Using built-in stream user interface
-> Detected 8 CPUs online; setting concurrency level to 8.
-> Installing NVIDIA driver version 396.37.
-> For some distributions, Nouveau can be disabled by adding a file in the modprobe configuration directory.  Would you like nvidia-installer to attempt to create this modprobe file for you? (Answer: Yes)
-> One or more modprobe configuration files to disable Nouveau have been written.  For some distributions, this may be sufficient to disable Nouveau; other distributions may require modification of the initial ramdisk.  Please reboot your system and attempt NVIDIA driver installation again.  Note if you later wish to reenable Nouveau, you will need to delete these files: /etc/modprobe.d/nvidia-installer-disable-nouveau.conf
-> Would you like to register the kernel module sources with DKMS? This will allow DKMS to automatically build a new module, if you install a different kernel later. (Answer: Yes)
-> Installing both new and classic TLS OpenGL libraries.
-> Installing both new and classic TLS 32bit OpenGL libraries.
-> Install NVIDIA's 32-bit compatibility libraries? (Answer: Yes)
-> Will install GLVND GLX client libraries.
-> Will install GLVND EGL client libraries.
-> Skipping GLX non-GLVND file: "libGL.so.396.37"
-> Skipping GLX non-GLVND file: "libGL.so.1"
-> Skipping GLX non-GLVND file: "libGL.so"
-> Skipping EGL non-GLVND file: "libEGL.so.396.37"
-> Skipping EGL non-GLVND file: "libEGL.so"
-> Skipping EGL non-GLVND file: "libEGL.so.1"
-> Skipping GLX non-GLVND file: "./32/libGL.so.396.37"
-> Skipping GLX non-GLVND file: "libGL.so.1"
-> Skipping GLX non-GLVND file: "libGL.so"
-> Skipping EGL non-GLVND file: "./32/libEGL.so.396.37"
-> Skipping EGL non-GLVND file: "libEGL.so"
-> Skipping EGL non-GLVND file: "libEGL.so.1"
Looking for install checker script at ./libglvnd_install_checker/check-libglvnd-install.sh
   executing: '/bin/sh ./libglvnd_install_checker/check-libglvnd-install.sh'...

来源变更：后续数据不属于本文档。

-- ===== src/Store/Turns.antt =====
-- crates/santi-db/src/adapter/standalone/soul_runtime/runtime_port.rs: the turns of a soul session.
use santi.Base.{
  ℕ, ◌-◌, String, Bool, Option, none, some, [], ◌∷◌, ◌++◌, str_eq, any, find_by, update_where,
  if◌then◌else◌,
}
use santi.Base.Exec.{Exec, ok, err, pure, ok_or, ◌>>=◌, ◌>>◌}
use santi.Model.Error.{Error, not_found, internal}
use santi.Model.Session.{ProviderState, Turn, TurnTriggerType, TurnStatus}
use santi.Store.{Db, SoulSessionRow, transaction}
use santi.Store.Mapping.{option_map}
use santi.Store.Souls.{has_soul_id, encode_provider_state}

pub record StartTurn : Type 0 where
  pub turn_id : String
  pub soul_session_id : String
  pub trigger_type : TurnTriggerType
  pub trigger_ref : Option String
  pub input_through_session_seq : ℕ

abbrev pub has_turn_id : String → Turn → Bool
has_turn_id id turn = str_eq turn.id id

abbrev pub started_turn : Db → StartTurn → ℕ → Turn
started_turn s input next_seq = record {
  id = input.turn_id;
  soul_session_id = input.soul_session_id;
  trigger_type = input.trigger_type;
  trigger_ref = input.trigger_ref;
  input_through_session_seq = input.input_through_session_seq;
  base_soul_session_seq = next_seq - 1;
  end_soul_session_seq = none;
  status = TurnStatus.running;
  error_text = none;
  created_at = s.now;
  updated_at = s.now;
  finished_at = none;
}

abbrev pub start_on : StartTurn → Option SoulSessionRow → Exec Db Error Turn
start_on input none s = (err (not_found "standalone_soul_session"), s)
start_on input (some row) s =
    if any (has_turn_id input.turn_id) s.turns
    then (err (internal "standalone turn start failed"), s)
    else (
      ok (started_turn s input row.next_seq),
      record s { turns = s.turns ++ started_turn s input row.next_seq ∷ [] },
    )

unfoldable pub start_turn : StartTurn → Exec Db Error Turn
start_turn input s = start_on input (find_by (has_soul_id input.soul_session_id) s.soul_sessions) s

-- (SELECT next_seq - 1 FROM standalone_soul_sessions WHERE id = …), NULL if there is no row.
abbrev pub last_seq : String → Db → Option ℕ
last_seq soul_session_id s =
    option_map (λ row. row.next_seq - 1) (find_by (has_soul_id soul_session_id) s.soul_sessions)

abbrev pub completed_turn : Db → Turn → Turn
completed_turn s turn = record turn {
  end_soul_session_seq = last_seq turn.soul_session_id s;
  status = TurnStatus.completed;
  updated_at = s.now;
  finished_at = some s.now;
}

abbrev pub failed_turn : Db → String → Turn → Turn
failed_turn s error_text turn = record turn {
  end_soul_session_seq = last_seq turn.soul_session_id s;
  status = TurnStatus.failed;
  error_text = some error_text;
  updated_at = s.now;
  finished_at = some s.now;
}

-- UPDATE standalone_turns … WHERE id = … RETURNING …
abbrev pub update_turn : String → (Db → Turn → Turn) → Exec Db Error Turn
update_turn turn_id f s =
    let turns = update_where (has_turn_id turn_id) (f s) s.turns in
    (
      ok_or (find_by (has_turn_id turn_id) turns) (not_found "standalone_turn"),
      record s { turns = turns },
    )

pub record CompleteTurn : Type 0 where
  pub turn_id : String
  pub last_seen_session_seq : ℕ
  pub provider_state : Option ProviderState

abbrev pub seen : Db → CompleteTurn → SoulSessionRow → SoulSessionRow
seen s input row = record row {
  last_seen_session_seq = input.last_seen_session_seq;
  provider_state = option_map encode_provider_state input.provider_state;
  updated_at = s.now;
}

unfoldable pub mark_seen : CompleteTurn → String → Exec Db Error (Unit {0})
unfolding encode_provider_state
mark_seen input soul_session_id s = (
  ok tt,
  record s {
    soul_sessions = update_where (has_soul_id soul_session_id) (seen s input) s.soul_sessions;
  },
)

unfoldable pub complete_turn : CompleteTurn → Exec Db Error Turn
unfolding mark_seen
complete_turn input = transaction do
  turn ← update_turn input.turn_id completed_turn
  mark_seen input turn.soul_session_id
  pure turn

unfoldable pub fail_turn : String → String → Exec Db Error Turn
fail_turn turn_id error_text = update_turn turn_id (λ s. failed_turn s error_text)
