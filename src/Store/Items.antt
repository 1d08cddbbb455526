-- ===== src/Store/Items.antt =====
-- crates/santi-db/src/adapter/standalone/soul_runtime: the entries of a soul session, appended by
-- runtime_port.rs and compact.rs.
use santi.Model.Session.{Compact}
use santi.Base.{
  ℕ, String, Bool, true, false, ◌&&◌, ◌||◌, Option, none, some, [], ◌∷◌, ◌++◌, str_eq, any, find_by,
  if◌then◌else◌,
}
use santi.Base.Exec.{Exec, ok, err, pure, lift, ok_or, ◌>>=◌, ◌>>◌}
use santi.Model.Error.{Error, not_found, internal}
use santi.Model.Json.{Value}
use santi.Model.Session.{
  Turn, ToolCall, ToolResult, SoulSessionEntry, SoulSessionTargetType, AssemblyItem, AssemblyTarget,
}
use santi.Store.{Db, transaction}
use santi.Store.Mapping.{option_map}
use santi.Store.Sessions.{has_message_id}
use santi.Store.{CompactRow}
use santi.Store.Souls.{has_soul_id, allocate_seq, insert_item, map_ref_message_row}
use santi.Store.Turns.{has_turn_id}

abbrev pub item_for : SoulSessionEntry → AssemblyTarget → AssemblyItem
item_for entry target = record { entry = entry; target = target }

-- `append_message_ref(soul_session_id, message_id)`.
unfoldable pub append_message_ref : String → String → Exec Db Error AssemblyItem
unfolding allocate_seq insert_item map_ref_message_row
append_message_ref soul_session_id message_id = transaction do
  seq ← allocate_seq soul_session_id
  entry ← insert_item soul_session_id SoulSessionTargetType.message message_id seq
  message ← λ s.
      lift
        (ok_or (find_by (has_message_id message_id) s.session_messages)
          (not_found "session_message"))
        s
  pure (item_for entry (AssemblyTarget.message (map_ref_message_row message)))

pub record AppendToolCall : Type 0 where
  pub tool_call_id : String
  pub turn_id : String
  pub tool_name : String
  pub arguments : Value

abbrev pub tool_call_target : AppendToolCall → String → ToolCall
tool_call_target input created_at = record {
  id = input.tool_call_id;
  turn_id = input.turn_id;
  tool_name = input.tool_name;
  arguments = input.arguments;
  created_at = created_at;
}

abbrev pub has_call_id : String → ToolCall → Bool
has_call_id id call = str_eq call.id id

unfoldable pub insert_tool_call : AppendToolCall → Exec Db Error (Unit {0})
insert_tool_call input s =
    if any (has_call_id input.tool_call_id) s.tool_calls
    then (err (internal "standalone insert tool call failed"), s)
    else (ok tt, record s { tool_calls = s.tool_calls ++ tool_call_target input s.now ∷ [] })

unfoldable pub soul_of_turn : String → Exec Db Error String
soul_of_turn turn_id s = (
  ok_or (option_map (λ t. t.soul_session_id) (find_by (has_turn_id turn_id) s.turns))
      (not_found "standalone_turn"),
  s,
)

unfoldable pub append_tool_call : AppendToolCall → Exec Db Error AssemblyItem
unfolding insert_tool_call soul_of_turn allocate_seq insert_item
append_tool_call input = transaction do
  insert_tool_call input
  soul_session_id ← soul_of_turn input.turn_id
  seq ← allocate_seq soul_session_id
  entry ← insert_item soul_session_id SoulSessionTargetType.tool_call input.tool_call_id seq
  pure (item_for entry (AssemblyTarget.tool_call (tool_call_target input entry.created_at)))

pub record AppendToolResult : Type 0 where
  pub tool_result_id : String
  pub tool_call_id : String
  pub output : Option Value
  pub error_text : Option String

abbrev pub tool_result_target : AppendToolResult → String → ToolResult
tool_result_target input created_at = record {
  id = input.tool_result_id;
  tool_call_id = input.tool_call_id;
  output = input.output;
  error_text = input.error_text;
  created_at = created_at;
}

-- The primary key and UNIQUE(tool_call_id).
abbrev pub result_conflicts : AppendToolResult → ToolResult → Bool
result_conflicts input row =
    str_eq row.id input.tool_result_id || str_eq row.tool_call_id input.tool_call_id

unfoldable pub insert_tool_result : AppendToolResult → Exec Db Error (Unit {0})
insert_tool_result input s =
    if any (result_conflicts input) s.tool_results
    then (err (internal "standalone insert tool result failed"), s)
    else (ok tt, record s { tool_results = s.tool_results ++ tool_result_target input s.now ∷ [] })

abbrev is_tool_call : SoulSessionTargetType → Bool
is_tool_call SoulSessionTargetType.tool_call = true
is_tool_call _ = false

abbrev pub call_entry : String → SoulSessionEntry → Bool
call_entry id entry = is_tool_call entry.target_type && str_eq entry.target_id id

unfoldable pub soul_of_call : String → Exec Db Error String
soul_of_call tool_call_id s = (
  ok_or (option_map (λ e. e.soul_session_id) (find_by (call_entry tool_call_id) s.items))
      (not_found "tool_call"),
  s,
)

unfoldable pub append_tool_result : AppendToolResult → Exec Db Error AssemblyItem
unfolding insert_tool_result soul_of_call allocate_seq insert_item
append_tool_result input = transaction do
  insert_tool_result input
  soul_session_id ← soul_of_call input.tool_call_id
  seq ← allocate_seq soul_session_id
  entry ← insert_item soul_session_id SoulSessionTargetType.tool_result input.tool_result_id seq
  pure (item_for entry (AssemblyTarget.tool_result (tool_result_target input entry.created_at)))

pub record AppendCompact : Type 0 where
  pub compact_id : String
  pub turn_id : String
  pub summary : String
  pub start_session_seq : ℕ
  pub end_session_seq : ℕ

abbrev pub has_compact_id : String → CompactRow → Bool
has_compact_id id row = str_eq row.id id

abbrev pub compact_row : AppendCompact → String → String → CompactRow
compact_row input session_id now = record {
  id = input.compact_id;
  session_id = session_id;
  turn_id = input.turn_id;
  summary = input.summary;
  start_session_seq = input.start_session_seq;
  end_session_seq = input.end_session_seq;
  created_at = now;
}

unfoldable pub insert_compact : AppendCompact → String → Exec Db Error Compact
insert_compact input session_id s =
    if any (has_compact_id input.compact_id) s.compacts
    then (err (internal "insert standalone compact failed"), s)
    else (
      ok (record {
        id = input.compact_id;
        turn_id = input.turn_id;
        summary = input.summary;
        start_session_seq = input.start_session_seq;
        end_session_seq = input.end_session_seq;
        created_at = s.now;
      }),
      record s { compacts = s.compacts ++ compact_row input session_id s.now ∷ [] },
    )

-- The join of a turn with its soul session: the soul session's id and its session's.
abbrev pub joined : Db → Option Turn → Option (String × String)
joined s none = none
joined s (some turn) =
    option_map (λ row. (row.id, row.session_id))
      (find_by (has_soul_id turn.soul_session_id) s.soul_sessions)

unfoldable pub turn_row : String → Exec Db Error (String × String)
turn_row turn_id s =
    (ok_or (joined s (find_by (has_turn_id turn_id) s.turns)) (not_found "standalone_turn"), s)

unfoldable pub append_compact : AppendCompact → Exec Db Error AssemblyItem
unfolding turn_row allocate_seq insert_compact insert_item
append_compact input = transaction do
  (soul_session_id, session_id) ← turn_row input.turn_id
  seq ← allocate_seq soul_session_id
  compact ← insert_compact input session_id
  entry ← insert_item soul_session_id SoulSessionTargetType.compact input.compact_id seq
  pure (item_for entry (AssemblyTarget.compact compact))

   Checking for libglvnd installation.
   Checking libGLdispatch...
   Checking libGLdispatch dispatch table
   Checking call through libGLdispatch
   All OK
   libGLdispatch is OK
   Checking for libGLX
   libGLX is OK
   Checking for libEGL
   eglGetDisplay failed
   Checking entrypoint library libOpenGL.so.0
   Checking call through libGLdispatch
   Checking call through library libOpenGL.so.0
   dlopen("libOpenGL.so.0") failed: libOpenGL.so.0: cannot open shared object file: No such file or directory
   Checking entrypoint library libGL.so.1
   Checking call through libGLdispatch
   Checking call through library libGL.so.1
   glGetString was not called

   Found libglvnd libraries: libGLX.so.0 libGLdispatch.so.0 
   Missing libglvnd libraries: libGL.so.1 libOpenGL.so.0 libEGL.so.1 

-> An incomplete installation of libglvnd was found. Do you want to install a full copy of libglvnd? This will overwrite any existing libglvnd libraries. (Answer: Abort installation.)
ERROR: Installation has failed.  Please see the file '/var/log/nvidia-installer.log' for details.  You may find suggestions on fixing installation problems in the README available on the Linux driver download page at www.nvidia.com.